_ACTIVITY_.
Lines containing "elim" should be pulled from the material below.

_RECORD SET_.
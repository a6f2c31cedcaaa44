-- ===== src/Core/Agent/Batch/Order.antt =====
-- The records of a batch, against the rule that says which calls run.
use simple_ai_agent.Common.{
  ℕ, zero, suc, ◌+◌, ◌≤◌, ◌≡◌, refl, sym, ap, subst, String, Bool, true, false, ◌||◌, List, [], ◌∷◌,
  ◌++◌, arith, length, lookup, Bool-cases, Option-cases, inl, inr,
}
use simple_ai_agent.Core.Json.{Members}
use simple_ai_agent.Core.Protocol.{ToolCall}
use simple_ai_agent.Core.Agent.{
  Status, success, failed, skipped, BatchToolRecord, Outcome, returned, type_error, raised, Tools,
  Agent, max_batch_tool_calls,
}
use simple_ai_agent.Core.Agent.Batch.{
  failure, observe, missing_tool, settle, execute_one_tool_call, record_of, skipped_record,
  skip_rest, is_failed, execute_from, execute_tool_batch, take_calls, drop_calls, excess_records,
  with_total, execute_limited,
}

unfoldable pub is_skipped : Status → Bool
is_skipped skipped = true
is_skipped success = false
is_skipped failed = false

-- No more calls may run: an earlier one failed, or the batch is full.
unfoldable pub is_closed : Bool → ℕ → Bool
is_closed aborted zero = true
is_closed aborted (suc left) = aborted

unfoldable pub pred : ℕ → ℕ
pred zero = zero
pred (suc n) = n

-- One record for each call, in the order of the calls, with its place: a call is skipped exactly if
-- an earlier one failed, or the batch was full.
unfoldable pub IsBatch : Bool → ℕ → ℕ → ℕ → List ToolCall → List BatchToolRecord → Type 0
unfolding is_skipped is_closed is_failed pred
IsBatch aborted left i total [] [] = Unit
IsBatch aborted left i total (call ∷ calls) (r ∷ records) =
    (r.index ≡ i)
    × (r.total ≡ total)
    × (r.action ≡ call.action)
    × (r.tool_input ≡ call.tool_input)
    × (is_skipped r.status ≡ is_closed aborted left)
    × IsBatch (aborted || is_failed r.status) (pred left) (i + 1) total calls records
IsBatch aborted left i total _ _ = ⊥

pub IsBatch-length :
    (aborted : Bool) (left i total : ℕ) (calls : List ToolCall) (records : List BatchToolRecord)
    → IsBatch aborted left i total calls records
    → length records ≡ length calls
unfolding IsBatch
IsBatch-length aborted left i total [] [] h = refl
IsBatch-length aborted left i total (c ∷ cs) (r ∷ rs) (_, _, _, _, _, h) =
    ap suc (IsBatch-length (aborted || is_failed r.status) (pred left) (i + 1) total cs rs h)
IsBatch-length aborted left i total [] (r ∷ rs) h = absurd h
IsBatch-length aborted left i total (c ∷ cs) [] h = absurd h

or-true : (b : Bool) → (b || true) ≡ true
or-true true = refl
or-true false = refl

is_closed-true : (left : ℕ) → is_closed true left ≡ true
unfolding is_closed
is_closed-true zero = refl
is_closed-true (suc left) = refl

-- After a failure all others are skipped.
skip_rest-IsBatch :
    (left i total : ℕ) (calls : List ToolCall)
    → IsBatch true left i total calls (skip_rest total i calls)
unfolding IsBatch skip_rest skipped_record is_skipped is_failed
skip_rest-IsBatch left i total [] = tt
skip_rest-IsBatch left i total (c ∷ cs) = (
  refl,
  refl,
  refl,
  refl,
  sym (is_closed-true left),
  skip_rest-IsBatch (pred left) (i + 1) total cs,
)

observed : (action : String) (o : Outcome) → is_skipped (observe action o).status ≡ false
unfolding observe failure is_skipped
observed action (returned s) = refl
observed action (type_error s) = refl
observed action (raised s) = refl

module _ (tools : Tools) where
  -- A call that runs is not skipped.
  runs :
      (action : String) (input : Members) (a : Agent)
      → is_skipped ((execute_one_tool_call tools action input a).0).status ≡ false
  unfolding execute_one_tool_call settle missing_tool failure is_skipped
  runs action input a = elim (Option-cases (lookup action tools.registry)) [
    | inl missing ↦ rw (is_skipped, missing) refl
    | inr (spec, found) ↦
        rw (is_skipped, found) (observed action (tools.call (length a.executed) spec input))
  ]

  -- What is executed, if the limit is not reached.
  execute_from-IsBatch :
      (left i total : ℕ) (calls : List ToolCall) (a : Agent)
      → length calls ≤ left
      → IsBatch false left i total calls ((execute_from tools total i calls a).0)
  unfolding IsBatch execute_from record_of
  execute_from-IsBatch left i total [] a fits = tt
  execute_from-IsBatch zero i total (c ∷ cs) a fits = absurd (omega arith)
  execute_from-IsBatch (suc left) i total (c ∷ cs) a fits =
      let e = (execute_one_tool_call tools c.action c.tool_input a).0 in
      let ran = runs c.action c.tool_input a in
      elim (Bool-cases (is_failed e.status)) [
        | inl failing ↦
            rw (IsBatch, failing)
              (
                refl,
                refl,
                refl,
                refl,
                ran,
                subst (λ b. IsBatch (false || b) left (i + 1) total cs (skip_rest total (i + 1) cs))
                    (sym failing) (skip_rest-IsBatch left (i + 1) total cs),
              )
        | inr fine ↦
            rw (IsBatch, fine)
              (
                refl,
                refl,
                refl,
                refl,
                ran,
                subst
                    (λ b. IsBatch (false || b) left (i + 1) total cs (
                      (execute_from tools total (i + 1) cs
                        ((execute_one_tool_call tools c.action c.tool_input a).1)).0))
                    (sym fine)
                    (execute_from-IsBatch left (i + 1) total cs
                      ((execute_one_tool_call tools c.action c.tool_input a).1) (omega arith)),
              )
      ]

  excess_records-IsBatch :
      (aborted : Bool) (i total : ℕ) (calls : List ToolCall)
      → IsBatch aborted 0 i total calls (excess_records tools total i calls)
  unfolding IsBatch excess_records skipped_record is_skipped is_closed is_failed pred
  excess_records-IsBatch aborted i total [] = tt
  excess_records-IsBatch aborted i total (c ∷ cs) =
      (refl, refl, refl, refl, refl, excess_records-IsBatch (aborted || false) (i + 1) total cs)

  -- The calls beyond the limit follow the ones within it.
  with_excess :
      (aborted : Bool) (left i n total m : ℕ) (calls : List ToolCall)
      (records : List BatchToolRecord)
      → m ≡ left + i
      → IsBatch aborted left i n (take_calls left calls) records
      → IsBatch aborted left i total calls
          (with_total total records ++ excess_records tools total m (drop_calls left calls))
  unfolding IsBatch take_calls drop_calls with_total excess_records
  with_excess aborted zero i n total m calls [] from h =
      let here : i ≡ m = omega arith in
      subst (λ j. IsBatch aborted 0 i total calls (excess_records tools total j calls)) here
        (excess_records-IsBatch aborted i total calls)
  with_excess aborted zero i n total m [] (r ∷ rs) from h = absurd h
  with_excess aborted zero i n total m (c ∷ cs) (r ∷ rs) from h = absurd h
  with_excess aborted (suc left) i n total m [] [] from h = tt
  with_excess aborted (suc left) i n total m [] (r ∷ rs) from h = absurd h
  with_excess aborted (suc left) i n total m (c ∷ cs) [] from h = absurd h
  with_excess aborted (suc left) i n total m (c ∷ cs) (r ∷ rs) from (at, _, named, given, ran, h) =
      (
        at,
        refl,
        named,
        given,
        ran,
        with_excess (aborted || is_failed r.status) left (i + 1) n total m cs rs (omega arith) h,
      )

  pub length-take_calls : (n : ℕ) (calls : List ToolCall) → length (take_calls n calls) ≤ n
  unfolding take_calls
  length-take_calls zero calls = omega arith
  length-take_calls (suc n) [] = omega arith
  length-take_calls (suc n) (c ∷ cs) = let h = length-take_calls n cs in omega arith

  -- The calls of a response have one record each, in their order and with their place: a call is
  -- skipped exactly if an earlier one failed or ten came before it.
  pub execute_limited-IsBatch :
      (calls : List ToolCall) (a : Agent)
      → IsBatch false max_batch_tool_calls 1
          (length calls)
          calls
          ((execute_limited tools calls a).0)
  unfolding execute_limited execute_tool_batch
  execute_limited-IsBatch calls a =
      let first = take_calls max_batch_tool_calls calls in
      with_excess false max_batch_tool_calls 1 (length first) (length calls)
        (max_batch_tool_calls + 1) calls ((execute_tool_batch tools first a).0) refl
        (execute_from-IsBatch max_batch_tool_calls 1 (length first) first a
          (length-take_calls max_batch_tool_calls calls))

_REPLY TO THE EXERCISE_.
  runs action input a = elim (Option-cases (lookup action tools.registry)) [
      elim (Bool-cases (is_failed e.status)) [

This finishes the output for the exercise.